— Да. А где же еще? Уж там-то ни за чем не следят. — Бетти презрительно фыркнула.
— А что... гм... у этих хиппи кошек так же много, как и у вас?
— Вот еще! — ответила она. — Конечно, нет.
— Вы сказали моей знакомой о них?
— Наверное.
— Бетти, где они живут?
Не понимаю, почему я так спешила. Наверное, боялась, что остынет след. Теперь я знала, куда дальше направилась Джо. Я подобралась к последним часам ее финального дня. Все остальное померкло — я видела только неясные очертания ее удаляющегося силуэта и, спотыкаясь, двигалась по ее стопам. Но кто шел за мной? Кто преследовал меня?
Бетти назвала этих людей хиппи. Но из того, что она сказала об их спутанных волосах и заплатанной одежде, я заключила, что они путешественники новых времен. Бетти сообщила, что они живут в заброшенной церкви в Айлингтоне, и я молила Бога, чтобы эти люди не двинулись куда-нибудь дальше. Я выскочила обратно на главную улицу и стала голосовать такси. И поскольку не знала точного адреса, но представляла район, попросила женщину-шофера отвезти меня в Энджел. Оттуда доберусь пешком. Я продолжала оглядываться назад. Продолжала высматривать, не мелькнет ли снова только что виденное лицо. Но никого не замечала, хотя меня не покидало леденящее чувство, что времени у меня осталось немного. От нетерпения и досады на пробки я сдвинулась на самый край сиденья и негодовала каждый раз, когда зажигался красный сигнал светофора.

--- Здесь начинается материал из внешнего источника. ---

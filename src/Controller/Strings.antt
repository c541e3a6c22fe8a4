-- ===== src/Controller/Strings.antt =====
-- The helpers on slices of strings in controllers/nfsprovisioner_controller.go.
use nfs_provisioner_operator.Base.{String, Bool, true, false, List, [], ◌∷◌, if◌then◌else◌, ◌==◌}

unfoldable pub contains_string : List String → String → Bool
contains_string [] s = false
contains_string (item ∷ slice) s = if item == s then true else contains_string slice s

unfoldable pub remove_string : List String → String → List String
remove_string [] s = []
remove_string (item ∷ slice) s =
    let result = remove_string slice s in if item == s then result else item ∷ result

Когда мы оказались в Энджеле, уже темнело или по крайней мере начинали меркнуть краски дня. Я потеряла всякое ощущение времени — даже не представляла, какой теперь день недели. Не выходной — это я точно знала. Большинство людей проводили время на работе, сидели в отапливаемых офисах, пили кофе из автоматов и устраивали встречи, потому что это казалось им важным. Я расплатилась с таксисткой, вылезла из машины и обошла полузамерзшую лужу. С низкого, насупленного неба падали редкие хлопья снега. Я подняла воротник куртки и пошла вперед.
Часть церкви была выкрашена в основные цвета, а на большой резной двери красовалась радуга. К стене кто-то прислонил ржавый, но опыленный красным велосипед, рядом стояли две коляски — одна с дровами, другая с консервами. Тут же у церкви был припаркован разрисованный завитками и цветами фургон с опущенными на окнах шторками. Большая серо-коричневая собака нюхала его покрышки.
Я подняла молоток и с громким стуком опустила на дверь, которая и без того была приоткрыта.
— Толкайте и заходите, — раздался изнутри женский голос.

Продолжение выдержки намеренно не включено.